The problem: Count only the lines of the records that hold "else", then give the number without any other words.

*** Records provided ***

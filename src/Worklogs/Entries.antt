-- ===== src/Worklogs/Entries.antt =====
-- What internal/server/jira_worklog.go makes of a worklog, and the bodies that it sends.
use external_gateway.Prelude.{
  ℕ, ℤ, ◌+◌, ◌/◌, Bool, not, ◌||◌, Bytes, [], ◌∷◌, ◌++◌, Option, none, some, codes, str_eq, Map,
  lookup, is_some, Result, ok, err, ltb, ◌==◌, if◌then◌else◌, length, take, trim_space, ◌>>=◌, ◌>>◌,
  guard, ◌≡◌, bind-eq-ok, ap, sym,
}
use external_gateway.Value.{Params, as_string}
use external_gateway.Config.{Workspace}
use external_gateway.Workcal.{Date, weekday, holiday_name, is_working_day}
use external_gateway.Worklogs.{
  User, Worklog, IssueRef, parent_key, worklog_id, NewWorklog, ChangedWorklog, WorklogError,
  issue_number_shape, unreadable_date, key_or_activity, unknown_activity, hours_missing,
  nothing_to_change,
}
use external_gateway.Worklogs.Params.{
  scoped_issue_key, string_param, param_hours, param_date, tempo_start_time, parse_date, parse_int,
}

-- `startHHMM`
unfoldable pub start_hhmm : Worklog → Bytes
start_hhmm w = if ltb (length w.start_time) 5 then [] else take 5 w.start_time

-- Hours, in hundredths: `math.Round(float64(seconds)/36)`.
unfoldable pub hours_of : ℕ → ℕ
hours_of seconds = (seconds + 18) / 36

pub record Entry : Type 0 where
  pub id : Bytes
  pub issue_key : Bytes
  pub summary : Bytes
  pub parent_key : Bytes
  pub started : Bytes
  pub hours : ℕ
  pub comment : Bytes
  pub date : Date
  pub seconds : ℕ

unfoldable pub to_entry : Worklog → IssueRef → Result WorklogError Entry
unfolding parse_date worklog_id trim_space start_hhmm hours_of
to_entry w iss = elim (parse_date w.start_date) [
  | none ↦ err (unreadable_date w.start_date)
  | some d ↦ ok (record {
    id = worklog_id w;
    issue_key = iss.key;
    summary = iss.summary;
    parent_key = parent_key iss;
    started = trim_space (w.start_date ++ b' ' ∷ start_hhmm w);
    hours = hours_of w.time_spent_seconds;
    comment = w.description;
    date = d;
    seconds = w.time_spent_seconds;
  })
]

pub data Note : Type 0 where
  no_note : Note
  public_holiday : Date → Bytes → Note
  day_off : Date → ℕ → Note

unfoldable pub day_note : Date → Note
unfolding holiday_name is_working_day
day_note d = elim (holiday_name d) [
  | some name ↦ public_holiday d name
  | none ↦ if not (is_working_day d) then day_off d (weekday d) else no_note
]

unfoldable pub issue_id_number : IssueRef → Result WorklogError ℤ
unfolding parse_int
issue_id_number iss = elim (parse_int iss.id) [
  | none ↦ err (issue_number_shape iss.key)
  | some n ↦ ok n
]

abbrev pub default_start : Bytes
default_start = codes "09:00"

abbrev pub or_default : Bytes → Bytes → Bytes
or_default s default = if str_eq s [] then default else s

-- `worklogActivity`
pub record Activity : Type 0 where
  pub key : Bytes
  pub summary : Bytes
  pub issue_type : Bytes
  pub updated : ℕ

-- The key that a new worklog goes to: the one given, or that of the activity.
unfoldable pub target_key :
    Result WorklogError (Map Activity) → Bytes → Bytes → Result WorklogError Bytes
unfolding lookup
target_key acts key [] = if str_eq key [] then err key_or_activity else ok key
target_key acts key (c ∷ activity) =
    if not (str_eq key []) then err key_or_activity else elim acts [
      | err e ↦ err e
      | ok m ↦ elim (lookup (c ∷ activity) m) [
        | none ↦ err (unknown_activity (c ∷ activity))
        | some a ↦ ok a.key
      ]
    ]

abbrev pub given : Option ℕ → Result WorklogError ℕ
given none = err hours_missing
given (some secs) = ok secs

-- What the parameters of a new worklog say, before any request.
pub record Plan : Type 0 where
  pub key : Bytes
  pub seconds : ℕ
  pub date : Date
  pub start_time : Bytes

unfoldable pub plan_new :
    Result WorklogError (Map Activity) → Date → Workspace → Params → Result WorklogError Plan
unfolding target_key scoped_issue_key param_hours param_date tempo_start_time string_param
plan_new acts today ws params = do
  key ← target_key acts (string_param params (codes "key")) (string_param params (codes "activity"))
  scoped_issue_key ws key
  hours ← param_hours params
  secs ← given hours
  (d, _) ← param_date today params (codes "date")
  start ← tempo_start_time (or_default (string_param params (codes "start")) default_start)
  ok (record { key = key; seconds = secs; date = d; start_time = start })

unfoldable pub new_worklog : ℤ → User → Plan → Params → NewWorklog
unfolding string_param
new_worklog number me plan params = record {
  issue_number = number;
  author_account_id = me.account_id;
  start_date = plan.date;
  start_time = plan.start_time;
  time_spent_seconds = plan.seconds;
  description =
      let comment = string_param params (codes "comment") in
      if str_eq comment [] then none else some comment;
}

abbrev or_old : {A : Type 0} → Option A → A → A
or_old none old = old
or_old (some new) old = new

-- Whether an update names something to change.
unfoldable pub changes_something : Params → Option ℕ → Bool → Bool
unfolding string_param lookup
changes_something params hours date_set =
    is_some hours
    || date_set
    || not (str_eq (string_param params (codes "start")) [])
    || is_some (as_string (lookup (codes "comment") params))

-- The body of an update: what is not given stays, and fully billed time stays fully billed.
unfoldable pub changed_worklog : Worklog → Params → Option ℕ → Date → Bytes → ChangedWorklog
unfolding lookup
changed_worklog old params hours d start = record {
  author_account_id = old.author;
  start_date = d;
  start_time = start;
  time_spent_seconds = or_old hours old.time_spent_seconds;
  billable_seconds =
      if old.billable_seconds == old.time_spent_seconds
      then or_old hours old.time_spent_seconds
      else old.billable_seconds;
  description = or_old (as_string (lookup (codes "comment") params)) old.description;
  attributes = old.attributes;
}

-- What an update sends and what it says of the day, before any request changes a thing.
pub record Change : Type 0 where
  pub before : Entry
  pub date : Date
  pub body : ChangedWorklog

unfoldable pub plan_change : Date → Params → IssueRef → Worklog → Result WorklogError Change
unfolding changes_something tempo_start_time changed_worklog to_entry param_hours param_date
plan_change today params iss old = do
  before ← to_entry old iss
  hours ← param_hours params
  (given, date_set) ← param_date today params (codes "date")
  guard (changes_something params hours date_set) nothing_to_change
  time ←
      tempo_start_time (
        or_default (or_default (string_param params (codes "start")) (start_hhmm old))
          default_start)
  ok (
      let d = if date_set then given else before.date in
      record { before = before; date = d; body = changed_worklog old params hours d time })

author_of : Result WorklogError Change → Bytes
author_of (ok c) = c.body.author_account_id
author_of (err e) = []

-- An update keeps the author.
pub plan_change-author :
    (today : Date) (params : Params) (iss : IssueRef) (old : Worklog) (c : Change)
    → plan_change today params iss old ≡ ok c
    → c.body.author_account_id ≡ old.author
unfolding plan_change changed_worklog author_of
plan_change-author today params iss old c h =
    let (before, _, h1) = bind-eq-ok (to_entry old iss) _ h in
    let (hours, _, h2) = bind-eq-ok (param_hours params) _ h1 in
    let (day, _, h3) = bind-eq-ok (param_date today params (codes "date")) _ h2 in
    let (_, _, h4) =
      bind-eq-ok (guard (changes_something params hours day.1) nothing_to_change) _ h3 in
    let (time, _, h5) =
      bind-eq-ok
        (tempo_start_time (
          or_default (or_default (string_param params (codes "start")) (start_hhmm old))
            default_start))
        _ h4 in
    sym (ap author_of h5)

*** End of Records provided ***

Output: 9